I wanted to simplify how my blog generated articles so I could focus on creating content and not figuring out why a post was missing.

And I already had a folder structure like this:

Wouldn’t it be nice if GatsbyJS knew if a markdown file was a page or blog post based on the folder it's in?

That makes more sense to me.

Prerequisites

You need to have gatsby-source-filesystem installed.

If you are using gatsby-transform-remark or gatsby-plugin-mdx you will already have this installed. 👍

Step 1 - Create the folder structure

Create the folder structure you want to use.

I like to separate my posts from my code so I put mine at the root level like this project-folder/content

This is the folder structure I will use

				
📂 content ├── 📂 blog ├── 📂 hello-world ├── 📄 index.md └── 🖼 salty_egg.jpg ├── 📂 my-second-post └── 📄 index.md └── 📂 new-beginnings └── 📄 index.md └── 📂 pages ├── 📂 about ├── 📄 index.md └── 🖼 profile-pic.jpg └── 📂 now └── 📄 now.md

Each page or blog post has its own folder. This makes it easy to keep images or files it needs organized.

Step 2 - Set up the file system in Gatsby

Install gatsby-source-filesystem if you don’t have it

				
yarn add gatsby-source-filesystem

We are going to be using the Gatsby Source File System to separate our folders.

To do this, first add gatsby-source-filesystem as a plugin to gatsby.config.js . You might already have this added.

For each type of content you want separated add a new gatsby source filesystem object with the name and path.

In our case, we want to separate posts and pages, so we need 2 sections.

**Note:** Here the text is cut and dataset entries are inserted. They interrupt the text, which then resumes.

-- ===== src/Orders/Tokens.antt =====
-- orders/tokens.py: the signature of a ticket's QR code, `<token>.<sig>`. SHA-256 is a parameter, the
-- digest of a key and a message as a list of bytes, and so is settings.SECRET_KEY. Text is ASCII, so
-- its encoding is the code points.

pub mod Laws
use boxoffice.Common.{
  ℕ, zero, suc, ◌+◌, ◌-◌, ◌*◌, ◌/◌, ◌%◌, ◌≤◌, ◌<◌, ◌≡◌, refl, sym, ap, subst, ◌∙◌, ◌≢◌, ◌⊎◌, inl,
  inr, ◌↔◌, Bool, true, false, not, ◌&&◌, ◌||◌, Option, none, some, List, [], ◌∷◌, ◌++◌, map, arith,
  ltb, leb, ◌==◌, if◌then◌else◌, ltb→lt, lt→ltb, leb→le, ==_iff, ==_refl, &&_split, Bool-cases,
  Option-cases, is_key, is_some, or_else, length, select, find_first, any, update_where, sum_by,
  All, contains, replicate, order_by, count_by, is_empty, insert_by,
}
use boxoffice.Common.Decimal.{decimal}
use boxoffice.Common.Text.{Text, codes, lower, text_eq, is_blank, upper, strip, text_eq_iff}
use boxoffice.Db.{Ticket}

abbrev pub byte_bits : ℕ → List ℕ
byte_bits b =
    (b / 128 % 2)
    ∷ (b / 64 % 2)
    ∷ (b / 32 % 2)
    ∷ (b / 16 % 2)
    ∷ (b / 8 % 2)
    ∷ (b / 4 % 2)
    ∷ (b / 2 % 2)
    ∷ (b % 2)
    ∷ []

abbrev pub bits : List ℕ → List ℕ
bits [] = []
bits (b ∷ bytes) = byte_bits b ++ bits bytes

-- Groups of five bits, the last one filled up with zeros.
abbrev pub quintets : List ℕ → List ℕ
quintets [] = []
quintets (a ∷ []) = (16 * a) ∷ []
quintets (a ∷ b ∷ []) = (16 * a + 8 * b) ∷ []
quintets (a ∷ b ∷ c ∷ []) = (16 * a + 8 * b + 4 * c) ∷ []
quintets (a ∷ b ∷ c ∷ d ∷ []) = (16 * a + 8 * b + 4 * c + 2 * d) ∷ []
quintets (a ∷ b ∷ c ∷ d ∷ e ∷ rest) = (16 * a + 8 * b + 4 * c + 2 * d + e) ∷ quintets rest

-- A to Z, then 2 to 7.
abbrev pub b32_char : ℕ → ℕ
b32_char n = if ltb n 26 then 65 + n else 24 + n

-- `base64.b32encode(...).rstrip(b"=")`: the padding is the only "=".
abbrev pub b32encode : List ℕ → Text
b32encode bytes = map b32_char (quintets (bits bytes))

abbrev pub sig_bytes : ℕ
sig_bytes = 12

abbrev pub first_bytes : ℕ → List ℕ → List ℕ
first_bytes zero bytes = []
first_bytes (suc n) [] = []
first_bytes (suc n) (b ∷ bytes) = b ∷ first_bytes n bytes

module _ (secret_key : Text) (hmac_sha256 : Text → Text → List ℕ) where
  unfoldable pub key_for_org : ℕ → Text
  unfolding decimal
  key_for_org organization = secret_key ++ codes ":ticket-qr:" ++ decimal organization

  unfoldable pub sign_token : Text → ℕ → Text
  unfolding key_for_org
  sign_token token organization =
      b32encode (first_bytes sig_bytes (hmac_sha256 (key_for_org organization) token))

  unfoldable pub sign_ticket : Ticket → Text
  unfolding sign_token
  sign_ticket ticket = sign_token ticket.token ticket.organization

  -- None and the empty signature are refused before the comparison.
  unfoldable pub verify_ticket_sig : Text → Option Text → ℕ → Bool
  unfolding sign_token
  verify_ticket_sig token none organization = false
  verify_ticket_sig token (some sig) organization =
      not (is_blank sig) && text_eq (sign_token token organization) sig

  unfoldable pub scan_code : Ticket → Text
  unfolding sign_ticket
  scan_code ticket = ticket.token ++ (codes "." ++ sign_ticket ticket)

It should look something like this:

				
plugins: [ { resolve: `gatsby-source-filesystem`, options: { path: `${__dirname}/content/blog`, name: `blog`, }, }, { resolve: `gatsby-source-filesystem`, options: { path: `${__dirname}/content/pages`, name: `page`, }, }, ... }

Step 3 - Update Gatsby config

In gatsby-node.js add this code to onCreateNode.

				
exports.onCreateNode = ({ node, getNode, actions }) => { const { createNodeField } = actions; if (node.internal.type === `MarkdownRemark`) { const parent = getNode(node.parent); let collection = parent.sourceInstanceName; createNodeField({ node, name: 'collection', value: collection, }); } };

If you are using MDX, just swap out MarkdownRemark for Mdx

First off, we make sure that the node we are editing is a markdown file, we are grabbing the parent node so we can access some additional information.

sourceInstanceName is the field we set on gatsby-source-filesystem in the last step.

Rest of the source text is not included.